[DATA FOR THIS TASK — start]

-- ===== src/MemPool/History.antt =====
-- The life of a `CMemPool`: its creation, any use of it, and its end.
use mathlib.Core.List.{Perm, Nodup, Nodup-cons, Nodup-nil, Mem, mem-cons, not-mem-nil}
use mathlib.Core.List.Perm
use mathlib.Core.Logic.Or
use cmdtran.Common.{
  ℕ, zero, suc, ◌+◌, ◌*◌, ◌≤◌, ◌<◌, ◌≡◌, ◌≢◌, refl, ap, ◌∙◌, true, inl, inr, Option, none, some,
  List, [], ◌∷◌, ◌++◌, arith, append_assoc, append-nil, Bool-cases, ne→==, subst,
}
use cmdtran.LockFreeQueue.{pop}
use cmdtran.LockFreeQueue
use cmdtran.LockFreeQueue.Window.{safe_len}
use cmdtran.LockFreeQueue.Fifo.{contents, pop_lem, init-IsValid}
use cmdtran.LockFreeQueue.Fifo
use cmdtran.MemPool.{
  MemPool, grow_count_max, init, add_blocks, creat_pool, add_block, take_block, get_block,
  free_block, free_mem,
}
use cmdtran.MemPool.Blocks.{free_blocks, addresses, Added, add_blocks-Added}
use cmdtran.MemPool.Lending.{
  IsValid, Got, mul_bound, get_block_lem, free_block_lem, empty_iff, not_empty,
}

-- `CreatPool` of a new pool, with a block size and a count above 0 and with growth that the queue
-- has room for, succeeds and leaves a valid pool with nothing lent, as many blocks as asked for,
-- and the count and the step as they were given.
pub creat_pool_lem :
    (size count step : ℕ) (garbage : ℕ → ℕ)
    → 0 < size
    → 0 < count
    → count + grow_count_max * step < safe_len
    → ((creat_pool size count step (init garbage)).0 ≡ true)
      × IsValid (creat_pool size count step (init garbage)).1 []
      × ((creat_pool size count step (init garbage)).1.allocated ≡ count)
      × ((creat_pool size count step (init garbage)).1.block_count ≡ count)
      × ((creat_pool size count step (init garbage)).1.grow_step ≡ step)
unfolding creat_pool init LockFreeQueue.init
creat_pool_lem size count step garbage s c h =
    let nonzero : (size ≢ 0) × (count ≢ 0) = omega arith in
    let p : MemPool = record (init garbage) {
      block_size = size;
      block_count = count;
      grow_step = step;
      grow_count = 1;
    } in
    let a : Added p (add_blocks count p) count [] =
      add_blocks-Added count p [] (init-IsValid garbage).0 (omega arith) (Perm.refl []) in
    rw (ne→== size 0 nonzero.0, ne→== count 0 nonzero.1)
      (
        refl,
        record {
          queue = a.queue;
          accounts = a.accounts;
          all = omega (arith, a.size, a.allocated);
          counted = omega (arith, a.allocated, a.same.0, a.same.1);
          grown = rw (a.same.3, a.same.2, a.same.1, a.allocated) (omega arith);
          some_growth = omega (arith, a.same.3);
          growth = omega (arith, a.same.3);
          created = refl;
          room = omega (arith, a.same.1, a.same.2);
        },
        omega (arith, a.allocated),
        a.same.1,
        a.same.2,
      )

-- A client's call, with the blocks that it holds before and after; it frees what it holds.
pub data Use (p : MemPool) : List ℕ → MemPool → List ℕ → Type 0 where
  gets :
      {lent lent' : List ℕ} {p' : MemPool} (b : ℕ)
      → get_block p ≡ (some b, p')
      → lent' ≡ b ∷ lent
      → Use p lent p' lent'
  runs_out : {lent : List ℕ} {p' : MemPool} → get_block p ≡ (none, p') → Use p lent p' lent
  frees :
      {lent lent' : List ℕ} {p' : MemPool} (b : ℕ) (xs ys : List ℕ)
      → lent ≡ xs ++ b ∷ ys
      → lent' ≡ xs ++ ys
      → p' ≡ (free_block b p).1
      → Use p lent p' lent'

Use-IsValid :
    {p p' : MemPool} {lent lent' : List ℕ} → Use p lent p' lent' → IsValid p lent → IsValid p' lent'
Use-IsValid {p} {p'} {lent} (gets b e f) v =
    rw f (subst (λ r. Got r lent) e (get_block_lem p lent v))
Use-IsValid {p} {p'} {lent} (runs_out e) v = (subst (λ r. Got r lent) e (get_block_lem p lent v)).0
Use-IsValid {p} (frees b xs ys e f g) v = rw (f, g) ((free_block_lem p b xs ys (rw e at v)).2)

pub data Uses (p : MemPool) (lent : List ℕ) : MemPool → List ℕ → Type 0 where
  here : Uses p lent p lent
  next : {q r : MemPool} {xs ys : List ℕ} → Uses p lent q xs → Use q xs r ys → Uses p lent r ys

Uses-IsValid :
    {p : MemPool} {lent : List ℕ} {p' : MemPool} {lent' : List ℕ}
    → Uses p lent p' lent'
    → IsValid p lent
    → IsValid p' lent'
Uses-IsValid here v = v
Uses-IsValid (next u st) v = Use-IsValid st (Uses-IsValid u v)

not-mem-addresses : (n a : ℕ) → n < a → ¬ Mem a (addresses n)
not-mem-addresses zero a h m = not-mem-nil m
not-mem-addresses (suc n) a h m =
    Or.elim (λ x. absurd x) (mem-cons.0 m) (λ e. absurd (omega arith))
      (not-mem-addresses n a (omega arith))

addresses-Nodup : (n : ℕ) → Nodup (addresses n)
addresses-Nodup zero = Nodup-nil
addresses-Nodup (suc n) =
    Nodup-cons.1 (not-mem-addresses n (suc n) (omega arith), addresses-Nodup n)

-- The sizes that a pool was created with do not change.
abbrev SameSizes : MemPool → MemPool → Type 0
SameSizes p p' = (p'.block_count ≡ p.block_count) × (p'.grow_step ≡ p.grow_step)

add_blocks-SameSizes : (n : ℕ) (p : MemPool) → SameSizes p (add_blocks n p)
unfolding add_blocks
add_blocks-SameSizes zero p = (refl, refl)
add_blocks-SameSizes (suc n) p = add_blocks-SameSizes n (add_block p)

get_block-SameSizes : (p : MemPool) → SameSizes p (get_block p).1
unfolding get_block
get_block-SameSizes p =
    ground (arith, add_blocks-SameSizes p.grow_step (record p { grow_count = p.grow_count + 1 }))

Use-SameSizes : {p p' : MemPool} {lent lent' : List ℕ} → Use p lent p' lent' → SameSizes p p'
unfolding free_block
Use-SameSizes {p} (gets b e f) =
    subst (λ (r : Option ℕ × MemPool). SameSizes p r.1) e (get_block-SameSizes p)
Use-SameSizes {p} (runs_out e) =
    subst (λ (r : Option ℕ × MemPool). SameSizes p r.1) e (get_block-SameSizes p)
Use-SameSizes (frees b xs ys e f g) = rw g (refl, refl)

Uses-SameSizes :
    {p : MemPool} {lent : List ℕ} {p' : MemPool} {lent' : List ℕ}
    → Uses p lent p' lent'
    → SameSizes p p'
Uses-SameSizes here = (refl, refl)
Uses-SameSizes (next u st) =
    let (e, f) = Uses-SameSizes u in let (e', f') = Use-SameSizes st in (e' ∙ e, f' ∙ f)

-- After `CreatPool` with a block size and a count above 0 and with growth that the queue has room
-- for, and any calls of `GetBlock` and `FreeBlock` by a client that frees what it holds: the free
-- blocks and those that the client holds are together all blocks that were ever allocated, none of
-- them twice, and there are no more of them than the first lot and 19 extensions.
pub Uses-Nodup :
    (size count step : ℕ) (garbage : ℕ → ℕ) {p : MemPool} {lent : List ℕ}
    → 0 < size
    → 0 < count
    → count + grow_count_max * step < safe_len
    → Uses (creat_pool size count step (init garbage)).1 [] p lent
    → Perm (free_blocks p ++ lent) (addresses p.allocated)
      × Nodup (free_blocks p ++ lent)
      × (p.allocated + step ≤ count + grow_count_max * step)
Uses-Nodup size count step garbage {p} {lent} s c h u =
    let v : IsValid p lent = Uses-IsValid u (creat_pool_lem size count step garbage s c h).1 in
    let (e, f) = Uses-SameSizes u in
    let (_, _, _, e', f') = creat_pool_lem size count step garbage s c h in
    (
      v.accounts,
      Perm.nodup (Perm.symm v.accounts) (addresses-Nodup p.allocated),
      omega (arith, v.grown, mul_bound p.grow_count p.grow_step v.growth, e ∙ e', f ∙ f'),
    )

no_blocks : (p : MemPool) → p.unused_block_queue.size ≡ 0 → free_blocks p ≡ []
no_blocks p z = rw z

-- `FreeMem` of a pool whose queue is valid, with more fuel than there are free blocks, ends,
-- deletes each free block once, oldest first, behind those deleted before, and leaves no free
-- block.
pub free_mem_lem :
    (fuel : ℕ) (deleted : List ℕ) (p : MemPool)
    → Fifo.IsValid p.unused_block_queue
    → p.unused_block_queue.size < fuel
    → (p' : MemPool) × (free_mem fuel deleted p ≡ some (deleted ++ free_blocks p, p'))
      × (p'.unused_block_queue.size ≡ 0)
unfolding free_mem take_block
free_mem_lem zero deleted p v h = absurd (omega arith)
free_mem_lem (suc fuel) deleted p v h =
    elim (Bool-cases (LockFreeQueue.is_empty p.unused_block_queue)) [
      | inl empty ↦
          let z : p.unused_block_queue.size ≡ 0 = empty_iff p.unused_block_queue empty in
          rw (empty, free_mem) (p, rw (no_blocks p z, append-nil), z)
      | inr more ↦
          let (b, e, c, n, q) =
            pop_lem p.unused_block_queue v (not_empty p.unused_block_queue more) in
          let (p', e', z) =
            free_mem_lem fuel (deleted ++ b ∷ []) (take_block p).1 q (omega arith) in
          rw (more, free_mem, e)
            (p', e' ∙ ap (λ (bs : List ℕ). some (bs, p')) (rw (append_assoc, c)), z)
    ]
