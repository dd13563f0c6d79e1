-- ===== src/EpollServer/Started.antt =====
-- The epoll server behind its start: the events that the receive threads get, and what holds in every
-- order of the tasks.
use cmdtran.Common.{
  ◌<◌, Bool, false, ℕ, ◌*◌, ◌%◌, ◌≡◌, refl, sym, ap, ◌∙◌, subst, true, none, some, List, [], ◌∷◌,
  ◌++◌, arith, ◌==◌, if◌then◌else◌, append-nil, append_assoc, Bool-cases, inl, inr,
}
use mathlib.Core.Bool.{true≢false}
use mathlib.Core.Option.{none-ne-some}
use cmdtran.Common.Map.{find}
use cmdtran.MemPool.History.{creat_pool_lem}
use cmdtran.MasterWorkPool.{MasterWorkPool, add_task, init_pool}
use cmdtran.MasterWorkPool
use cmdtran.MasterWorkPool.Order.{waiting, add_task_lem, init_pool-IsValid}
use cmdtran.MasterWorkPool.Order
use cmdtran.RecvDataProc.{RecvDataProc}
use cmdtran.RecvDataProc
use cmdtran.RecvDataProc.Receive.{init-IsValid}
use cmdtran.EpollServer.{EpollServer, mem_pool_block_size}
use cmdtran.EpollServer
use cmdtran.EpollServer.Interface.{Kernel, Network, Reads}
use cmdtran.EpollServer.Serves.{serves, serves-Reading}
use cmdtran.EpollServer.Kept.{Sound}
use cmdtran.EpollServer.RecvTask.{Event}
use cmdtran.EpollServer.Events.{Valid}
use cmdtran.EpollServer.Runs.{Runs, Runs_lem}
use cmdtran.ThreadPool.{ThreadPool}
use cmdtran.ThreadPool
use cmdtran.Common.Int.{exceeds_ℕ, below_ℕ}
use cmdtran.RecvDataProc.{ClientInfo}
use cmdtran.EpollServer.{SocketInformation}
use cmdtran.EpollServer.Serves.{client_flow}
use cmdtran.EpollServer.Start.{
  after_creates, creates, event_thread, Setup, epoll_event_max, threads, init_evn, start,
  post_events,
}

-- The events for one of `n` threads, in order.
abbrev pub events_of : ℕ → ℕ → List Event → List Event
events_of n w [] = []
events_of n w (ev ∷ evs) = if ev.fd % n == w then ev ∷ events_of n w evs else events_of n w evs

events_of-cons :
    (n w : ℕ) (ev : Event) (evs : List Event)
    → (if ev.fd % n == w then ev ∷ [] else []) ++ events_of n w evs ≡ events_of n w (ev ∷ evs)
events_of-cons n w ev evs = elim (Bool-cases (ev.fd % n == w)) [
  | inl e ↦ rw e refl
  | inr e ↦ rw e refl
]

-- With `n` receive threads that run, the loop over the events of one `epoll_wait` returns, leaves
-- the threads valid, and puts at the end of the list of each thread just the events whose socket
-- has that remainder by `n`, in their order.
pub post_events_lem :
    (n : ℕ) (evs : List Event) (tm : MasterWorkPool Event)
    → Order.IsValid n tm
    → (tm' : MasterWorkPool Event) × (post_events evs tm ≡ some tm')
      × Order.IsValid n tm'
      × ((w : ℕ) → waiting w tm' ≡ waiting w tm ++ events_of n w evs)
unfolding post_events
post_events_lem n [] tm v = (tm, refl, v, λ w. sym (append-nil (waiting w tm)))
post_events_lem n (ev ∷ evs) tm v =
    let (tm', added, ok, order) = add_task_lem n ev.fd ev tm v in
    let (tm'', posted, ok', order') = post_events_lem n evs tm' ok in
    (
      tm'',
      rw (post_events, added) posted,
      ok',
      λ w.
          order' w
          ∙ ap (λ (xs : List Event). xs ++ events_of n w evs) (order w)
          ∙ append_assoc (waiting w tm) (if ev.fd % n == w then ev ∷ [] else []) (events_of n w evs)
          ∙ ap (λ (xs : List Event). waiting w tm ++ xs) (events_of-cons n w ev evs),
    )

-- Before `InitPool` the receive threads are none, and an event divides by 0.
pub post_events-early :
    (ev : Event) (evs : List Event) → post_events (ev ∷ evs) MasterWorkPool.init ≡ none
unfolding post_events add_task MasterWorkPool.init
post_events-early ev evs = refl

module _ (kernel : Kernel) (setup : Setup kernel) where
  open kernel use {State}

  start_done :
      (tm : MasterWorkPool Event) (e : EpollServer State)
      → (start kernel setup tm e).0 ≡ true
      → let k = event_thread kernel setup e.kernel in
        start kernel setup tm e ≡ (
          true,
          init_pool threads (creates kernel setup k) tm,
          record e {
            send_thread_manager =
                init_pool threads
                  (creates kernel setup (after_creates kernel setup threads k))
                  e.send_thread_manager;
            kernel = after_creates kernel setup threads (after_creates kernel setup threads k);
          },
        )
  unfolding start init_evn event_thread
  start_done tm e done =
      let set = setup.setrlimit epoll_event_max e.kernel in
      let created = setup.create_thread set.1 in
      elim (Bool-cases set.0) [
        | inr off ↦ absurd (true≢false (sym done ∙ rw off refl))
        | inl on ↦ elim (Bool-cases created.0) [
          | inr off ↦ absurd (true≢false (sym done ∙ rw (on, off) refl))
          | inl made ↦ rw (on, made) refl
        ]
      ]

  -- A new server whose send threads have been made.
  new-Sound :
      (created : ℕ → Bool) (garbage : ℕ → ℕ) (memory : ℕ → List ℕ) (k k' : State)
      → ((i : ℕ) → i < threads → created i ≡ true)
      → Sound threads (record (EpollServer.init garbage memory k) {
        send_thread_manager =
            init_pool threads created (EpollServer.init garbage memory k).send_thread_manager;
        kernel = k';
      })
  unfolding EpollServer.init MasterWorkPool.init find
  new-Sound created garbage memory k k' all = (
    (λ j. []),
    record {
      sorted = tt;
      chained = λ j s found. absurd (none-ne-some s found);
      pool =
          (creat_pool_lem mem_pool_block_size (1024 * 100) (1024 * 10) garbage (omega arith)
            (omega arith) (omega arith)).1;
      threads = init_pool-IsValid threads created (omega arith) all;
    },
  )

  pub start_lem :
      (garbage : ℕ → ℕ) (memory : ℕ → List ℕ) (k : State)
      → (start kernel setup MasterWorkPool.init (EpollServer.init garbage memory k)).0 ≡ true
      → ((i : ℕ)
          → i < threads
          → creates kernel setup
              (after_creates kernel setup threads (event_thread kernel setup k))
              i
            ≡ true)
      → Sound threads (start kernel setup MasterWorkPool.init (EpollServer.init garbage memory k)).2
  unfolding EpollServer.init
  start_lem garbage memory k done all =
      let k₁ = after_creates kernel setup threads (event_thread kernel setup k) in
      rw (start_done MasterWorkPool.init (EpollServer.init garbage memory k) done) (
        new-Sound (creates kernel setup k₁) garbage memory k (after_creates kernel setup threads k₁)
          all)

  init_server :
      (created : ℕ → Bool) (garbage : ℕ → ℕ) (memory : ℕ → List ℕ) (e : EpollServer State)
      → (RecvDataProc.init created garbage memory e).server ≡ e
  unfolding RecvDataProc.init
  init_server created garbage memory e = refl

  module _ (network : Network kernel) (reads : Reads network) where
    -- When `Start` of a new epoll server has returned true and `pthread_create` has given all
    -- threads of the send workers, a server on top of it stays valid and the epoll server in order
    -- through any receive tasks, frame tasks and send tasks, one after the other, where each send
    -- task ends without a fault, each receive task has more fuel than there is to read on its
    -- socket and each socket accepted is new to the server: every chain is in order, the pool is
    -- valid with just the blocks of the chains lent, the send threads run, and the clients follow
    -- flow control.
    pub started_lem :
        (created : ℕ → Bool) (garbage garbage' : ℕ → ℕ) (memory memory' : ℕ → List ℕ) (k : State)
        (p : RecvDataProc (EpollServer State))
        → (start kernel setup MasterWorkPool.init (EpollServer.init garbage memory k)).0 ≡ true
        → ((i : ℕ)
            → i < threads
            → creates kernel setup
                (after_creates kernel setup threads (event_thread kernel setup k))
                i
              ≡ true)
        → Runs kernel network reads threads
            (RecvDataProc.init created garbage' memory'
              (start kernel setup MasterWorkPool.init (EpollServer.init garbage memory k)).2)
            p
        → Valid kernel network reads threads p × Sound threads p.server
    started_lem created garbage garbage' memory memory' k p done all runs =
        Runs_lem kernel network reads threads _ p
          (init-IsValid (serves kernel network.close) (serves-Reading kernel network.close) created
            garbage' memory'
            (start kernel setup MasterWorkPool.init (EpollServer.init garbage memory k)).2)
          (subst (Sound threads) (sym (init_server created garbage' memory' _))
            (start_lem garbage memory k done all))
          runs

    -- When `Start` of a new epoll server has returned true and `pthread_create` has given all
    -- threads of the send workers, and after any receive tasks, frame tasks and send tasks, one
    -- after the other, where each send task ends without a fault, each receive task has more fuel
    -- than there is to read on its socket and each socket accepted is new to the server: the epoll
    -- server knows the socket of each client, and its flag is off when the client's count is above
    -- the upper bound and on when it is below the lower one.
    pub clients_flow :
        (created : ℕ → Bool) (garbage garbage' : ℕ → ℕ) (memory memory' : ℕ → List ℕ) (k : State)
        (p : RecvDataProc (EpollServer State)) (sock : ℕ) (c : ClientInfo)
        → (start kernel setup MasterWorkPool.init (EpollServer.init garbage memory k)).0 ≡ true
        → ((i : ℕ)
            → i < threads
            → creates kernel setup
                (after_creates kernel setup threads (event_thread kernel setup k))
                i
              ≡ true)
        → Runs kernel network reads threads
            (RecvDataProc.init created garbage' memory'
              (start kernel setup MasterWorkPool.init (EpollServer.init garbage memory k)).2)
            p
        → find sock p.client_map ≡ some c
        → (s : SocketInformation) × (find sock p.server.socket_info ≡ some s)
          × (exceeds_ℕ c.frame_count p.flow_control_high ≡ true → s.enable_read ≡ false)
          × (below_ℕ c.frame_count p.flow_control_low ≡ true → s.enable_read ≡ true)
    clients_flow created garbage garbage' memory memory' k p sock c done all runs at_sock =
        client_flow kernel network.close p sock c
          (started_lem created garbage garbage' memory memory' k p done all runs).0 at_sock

[DATA FOR THIS TASK — finish]

**WORK ITEM:** Locate the lines above that contain "frees" and copy them.

**REPLY TO THE TASK:**
-- A client's call, with the blocks that it holds before and after; it frees what it holds.
  frees :
Use-IsValid {p} (frees b xs ys e f g) v = rw (f, g) ((free_block_lem p b xs ys (rw e at v)).2)
Use-SameSizes (frees b xs ys e f g) = rw g (refl, refl)
-- for, and any calls of `GetBlock` and `FreeBlock` by a client that frees what it holds: the free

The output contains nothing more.